• [WHAT IS NEEDED]: Lines below starting with the line with "step h (registers" and going on through the line with "step h (logs_out" must be output exactly; the rest of the records must be left out.

━━━

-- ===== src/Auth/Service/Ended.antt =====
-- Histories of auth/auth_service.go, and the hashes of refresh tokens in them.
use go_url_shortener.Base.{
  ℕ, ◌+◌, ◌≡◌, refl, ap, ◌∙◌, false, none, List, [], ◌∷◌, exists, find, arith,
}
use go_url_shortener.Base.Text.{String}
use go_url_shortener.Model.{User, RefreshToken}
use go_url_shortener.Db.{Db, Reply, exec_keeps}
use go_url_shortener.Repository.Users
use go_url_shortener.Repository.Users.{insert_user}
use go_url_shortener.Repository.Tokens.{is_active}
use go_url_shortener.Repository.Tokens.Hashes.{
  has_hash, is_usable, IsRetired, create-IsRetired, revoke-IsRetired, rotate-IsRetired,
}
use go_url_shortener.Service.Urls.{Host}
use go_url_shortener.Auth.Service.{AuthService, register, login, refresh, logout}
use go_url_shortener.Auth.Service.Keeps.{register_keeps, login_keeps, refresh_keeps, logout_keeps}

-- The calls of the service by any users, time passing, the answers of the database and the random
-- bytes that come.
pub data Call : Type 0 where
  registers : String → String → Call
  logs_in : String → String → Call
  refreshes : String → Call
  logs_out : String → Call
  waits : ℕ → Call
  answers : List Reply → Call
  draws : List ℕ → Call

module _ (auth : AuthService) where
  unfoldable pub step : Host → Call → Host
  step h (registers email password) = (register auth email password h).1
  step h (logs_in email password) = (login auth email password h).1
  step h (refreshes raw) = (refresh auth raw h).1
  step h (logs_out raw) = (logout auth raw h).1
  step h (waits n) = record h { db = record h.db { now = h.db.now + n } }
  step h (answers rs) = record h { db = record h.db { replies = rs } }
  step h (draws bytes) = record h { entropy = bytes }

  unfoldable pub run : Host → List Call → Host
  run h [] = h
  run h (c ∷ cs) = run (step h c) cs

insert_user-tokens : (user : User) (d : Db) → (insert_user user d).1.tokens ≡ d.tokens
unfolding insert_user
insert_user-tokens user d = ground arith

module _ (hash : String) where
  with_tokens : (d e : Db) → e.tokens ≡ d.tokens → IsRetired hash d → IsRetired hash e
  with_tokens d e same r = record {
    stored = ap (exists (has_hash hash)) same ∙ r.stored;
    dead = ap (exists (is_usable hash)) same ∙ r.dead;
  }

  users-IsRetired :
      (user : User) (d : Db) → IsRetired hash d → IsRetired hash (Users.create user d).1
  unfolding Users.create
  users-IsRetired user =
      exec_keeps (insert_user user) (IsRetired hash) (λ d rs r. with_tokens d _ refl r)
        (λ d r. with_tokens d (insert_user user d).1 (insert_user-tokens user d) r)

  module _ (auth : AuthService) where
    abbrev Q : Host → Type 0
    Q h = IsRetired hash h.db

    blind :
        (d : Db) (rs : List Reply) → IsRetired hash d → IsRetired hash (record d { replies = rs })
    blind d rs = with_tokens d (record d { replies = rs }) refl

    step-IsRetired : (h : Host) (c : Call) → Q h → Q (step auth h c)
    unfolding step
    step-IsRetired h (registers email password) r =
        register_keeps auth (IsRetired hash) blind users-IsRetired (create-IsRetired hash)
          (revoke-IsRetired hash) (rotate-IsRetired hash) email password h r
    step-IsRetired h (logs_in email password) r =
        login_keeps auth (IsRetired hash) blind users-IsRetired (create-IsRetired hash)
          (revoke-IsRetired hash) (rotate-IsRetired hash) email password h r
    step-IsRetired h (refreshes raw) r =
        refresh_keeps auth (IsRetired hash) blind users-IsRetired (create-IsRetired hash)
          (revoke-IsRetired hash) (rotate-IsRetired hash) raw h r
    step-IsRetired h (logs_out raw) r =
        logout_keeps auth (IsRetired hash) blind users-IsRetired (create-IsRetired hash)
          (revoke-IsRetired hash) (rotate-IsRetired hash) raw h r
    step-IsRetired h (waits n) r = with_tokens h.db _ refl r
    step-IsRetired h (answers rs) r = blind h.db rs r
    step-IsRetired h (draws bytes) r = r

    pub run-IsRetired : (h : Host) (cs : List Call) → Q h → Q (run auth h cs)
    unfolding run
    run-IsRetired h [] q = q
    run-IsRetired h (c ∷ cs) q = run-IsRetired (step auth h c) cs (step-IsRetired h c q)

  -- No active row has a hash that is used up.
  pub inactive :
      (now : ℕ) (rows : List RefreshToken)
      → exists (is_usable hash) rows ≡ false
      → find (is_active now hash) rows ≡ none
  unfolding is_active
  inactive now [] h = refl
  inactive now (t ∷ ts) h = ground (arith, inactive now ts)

━━━

• [SOLUTION BELOW]:
  step h (registers email password) = (register auth email password h).1
  step h (logs_in email password) = (login auth email password h).1
  step h (refreshes raw) = (refresh auth raw h).1
  step h (logs_out raw) = (logout auth raw h).1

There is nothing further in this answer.